**WHAT YOU NEED TO DO**
Your task is to find every line of the data that holds the string "some" and copy it.

(Items from a data source)
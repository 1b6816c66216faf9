-- ===== src/Witness/Race/Passed.antt =====
-- An attempt that has passed `checkConsistency` of internal/witness/witness.go, and its UPDATE.
use litetlog.Prelude.{◌≤◌, ◌≡◌, ◌≢◌, ◌⊎◌, subst, ◌∙◌, true, some, arith, ◌==◌, Bytes, bytes_eq_ne}
use litetlog.Witness.Library.{Library}
use litetlog.Witness.Db.{LogRow, Db, quiet, find_log, count_rows}
use litetlog.Witness.Db.Laws.{IsUnique, find_log-set_rows, count_rows-find_log}
use litetlog.Witness.Process.{read_hash}
use litetlog.Witness.Process.Check.{IsConsistent, check_consistency-ok}
use litetlog.Witness.Race.{Attempt, Passes, update_by}

module _ (lib : Library) where
  -- The row that the attempt was checked against is that of its log.
  pub record Passed (a : Attempt) (db : Db) : Type 0 where
    pub row : LogRow
    pub known : find_log a.origin db.logs ≡ some row
    pub at_old : row.tree_size ≡ a.old_size
    pub grows : a.old_size ≤ a.new_size
    pub consistent :
        (a.old_size ≡ 0)
        ⊎ (lib.check_tree a.proof a.new_size a.new_hash a.old_size (read_hash lib row.tree_hash)
            ≡ true)

  pub Passes-Passed : (a : Attempt) (db : Db) → Passes lib a db → Passed a db
  Passes-Passed a db p =
      let (grows, found) =
        check_consistency-ok lib a.origin a.old_size a.new_size a.new_hash a.proof (quiet db) p in
      let (known, read, consistent) = found in
      let (row, here, e) = read in
      let checked =
        subst (IsConsistent lib a.old_size a.new_size a.new_hash a.proof) e consistent in
      record { row = row; known = here; at_old = checked.0; grows = grows; consistent = checked.1 }

  -- Its UPDATE would change one row now.
  pub Passed-count :
      (a : Attempt) (db : Db)
      → IsUnique db.logs
      → Passed a db
      → count_rows a.origin a.old_size db.logs ≡ 1
  Passed-count a db u p =
      let test : (p.row.tree_size == a.old_size) ≡ true = ground (arith, p.at_old) in
      rw (count_rows-find_log a.origin a.old_size db.logs u, p.known, test)

  -- The UPDATE of another log leaves it as it is.
  pub find_log-other :
      (a : Attempt) (j : Bytes) (db : Db)
      → j ≢ a.origin
      → find_log j (update_by lib a db).logs ≡ find_log j db.logs
  find_log-other a j db ne = rw (
    find_log-set_rows a.origin a.old_size a.new_size (lib.hash_text a.new_hash) j db.logs,
    bytes_eq_ne j a.origin ne,
  )

  pub Passed-other :
      (a b : Attempt) (db : Db) → a.origin ≢ b.origin → Passed a db → Passed a (update_by lib b db)
  Passed-other a b db ne p = record {
    row = p.row;
    known = find_log-other b a.origin db ne ∙ p.known;
    at_old = p.at_old;
    grows = p.grows;
    consistent = p.consistent;
  }
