-- ===== src/Witness/Race/Fresh.antt =====
-- What stays true of a checked request of internal/witness/witness.go while others run.
use litetlog.Prelude.{
  ℕ, ◌≤◌, ◌≡◌, ◌⊎◌, inl, inr, sym, ap, subst, ◌∙◌, true, some, arith, Bytes, List, bytes_eq_iff,
}
use litetlog.Witness.Library.{IsHash, Library}
use litetlog.Witness.Db.{LogRow, Db, find_log}
use litetlog.Witness.Db.Laws.{find_log-set_rows}
use litetlog.Witness.Process.{read_hash}
use litetlog.Witness.Race.{Attempt, update_by}
use litetlog.Witness.Race.Passed.{Passed}

-- `CheckTree` of two trees of one size holds only if they have one hash, and `ParseHash` reads the
-- text of a hash, which is 32 bytes, back.
pub record TreeLaws (lib : Library) : Type 0 where
  pub same_tree :
      (proof : List Bytes) (n m : ℕ) (h h' : Bytes)
      → lib.check_tree proof n h m h' ≡ true
      → n ≡ m
      → h ≡ h'
  pub reads_back : (h : Bytes) → IsHash h → lib.parse_hash (lib.hash_text h) ≡ some h

module _ (lib : Library) where
  abbrev pub Consistent : Attempt → Bytes → Type 0
  Consistent a hash =
      (a.old_size ≡ 0) ⊎ (lib.check_tree a.proof a.new_size a.new_hash a.old_size hash ≡ true)

  -- The log has not shrunk, and if it has the old size still, then it has the checked hash too.
  pub record Fresh (a : Attempt) (db : Db) : Type 0 where
    pub row : LogRow
    pub known : find_log a.origin db.logs ≡ some row
    pub grows : a.old_size ≤ a.new_size
    pub reached : a.old_size ≤ row.tree_size
    pub consistent : row.tree_size ≡ a.old_size → Consistent a (read_hash lib row.tree_hash)
    pub is_hash : IsHash a.new_hash

  pub Passed-Fresh : (a : Attempt) (db : Db) → IsHash a.new_hash → Passed lib a db → Fresh a db
  Passed-Fresh a db l p = record {
    row = p.row;
    known = p.known;
    grows = p.grows;
    reached = omega (arith, p.at_old);
    consistent = λ _. p.consistent;
    is_hash = l;
  }

  -- The row of a log behind the UPDATE of `b`, in its two cases.
  pub find_log-update_by :
      (b : Attempt) (j : Bytes) (db : Db) (r : LogRow)
      → find_log j db.logs ≡ some r
      → (find_log j (update_by lib b db).logs ≡ some r)
        ⊎ ((j ≡ b.origin)
            × (r.tree_size ≡ b.old_size)
            × (find_log j (update_by lib b db).logs
                ≡ some (record r { tree_size = b.new_size; tree_hash = lib.hash_text b.new_hash })))
  find_log-update_by b j db r e =
      let laws =
        find_log-set_rows b.origin b.old_size b.new_size (lib.hash_text b.new_hash) j db.logs in
      ground (arith, laws, bytes_eq_iff j b.origin)

  module _ (laws : TreeLaws lib) where
    pub read_hash-hash_text : (h : Bytes) → IsHash h → read_hash lib (lib.hash_text h) ≡ h
    unfolding read_hash
    read_hash-hash_text h l = rw (laws.reads_back h l, read_hash)

    -- An UPDATE that leaves the size leaves the hash.
    same_size-same_hash :
        (a b : Attempt) (r : LogRow)
        → Consistent b (read_hash lib r.tree_hash)
        → Consistent a (read_hash lib r.tree_hash)
        → IsHash b.new_hash
        → b.old_size ≡ a.old_size
        → b.new_size ≡ a.old_size
        → Consistent a (read_hash lib (lib.hash_text b.new_hash))
    same_size-same_hash a b r (inl zero) ca l eo en = inl (sym eo ∙ zero)
    same_size-same_hash a b r (inr checked) ca l eo en =
        let same =
          laws.same_tree b.proof b.new_size b.old_size b.new_hash (read_hash lib r.tree_hash)
            checked (en ∙ sym eo) in
        subst (Consistent a) (sym (read_hash-hash_text b.new_hash l ∙ same)) ca

    pub Fresh-update_by :
        (a b : Attempt) (db : Db) → Fresh a db → Fresh b db → Fresh a (update_by lib b db)
    Fresh-update_by a b db fa fb = elim (find_log-update_by b a.origin db fa.row fa.known) [
      | inl unchanged ↦ record {
        row = fa.row;
        known = unchanged;
        grows = fa.grows;
        reached = fa.reached;
        consistent = fa.consistent;
        is_hash = fa.is_hash;
      }
      | inr (same, at_old, changed) ↦
          let rows : fb.row ≡ fa.row = cc (ap (λ o. find_log o db.logs) same, fa.known, fb.known) in
          let checked_b =
            subst
              (λ (r : LogRow). r.tree_size ≡ b.old_size → Consistent b (read_hash lib r.tree_hash))
              rows fb.consistent at_old in
          record {
            row = record fa.row { tree_size = b.new_size; tree_hash = lib.hash_text b.new_hash };
            known = changed;
            grows = fa.grows;
            reached = omega (arith, fa.reached, at_old, fb.grows);
            consistent = λ e.
                same_size-same_hash a b fa.row checked_b
                  (fa.consistent (omega (arith, fa.reached, at_old, fb.grows, e))) fb.is_hash
                  (omega (arith, fa.reached, at_old, fb.grows, e)) e;
            is_hash = fa.is_hash;
          }
    ]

**SOLUTION FOR THIS EXERCISE**
use litetlog.Prelude.{◌≤◌, ◌≡◌, ◌≢◌, ◌⊎◌, subst, ◌∙◌, true, some, arith, ◌==◌, Bytes, bytes_eq_ne}
    pub known : find_log a.origin db.logs ≡ some row
  ℕ, ◌≤◌, ◌≡◌, ◌⊎◌, inl, inr, sym, ap, subst, ◌∙◌, true, some, arith, Bytes, List, bytes_eq_iff,
  pub reads_back : (h : Bytes) → IsHash h → lib.parse_hash (lib.hash_text h) ≡ some h
    pub known : find_log a.origin db.logs ≡ some row
      → find_log j db.logs ≡ some r
      → (find_log j (update_by lib b db).logs ≡ some r)
                ≡ some (record r { tree_size = b.new_size; tree_hash = lib.hash_text b.new_hash })))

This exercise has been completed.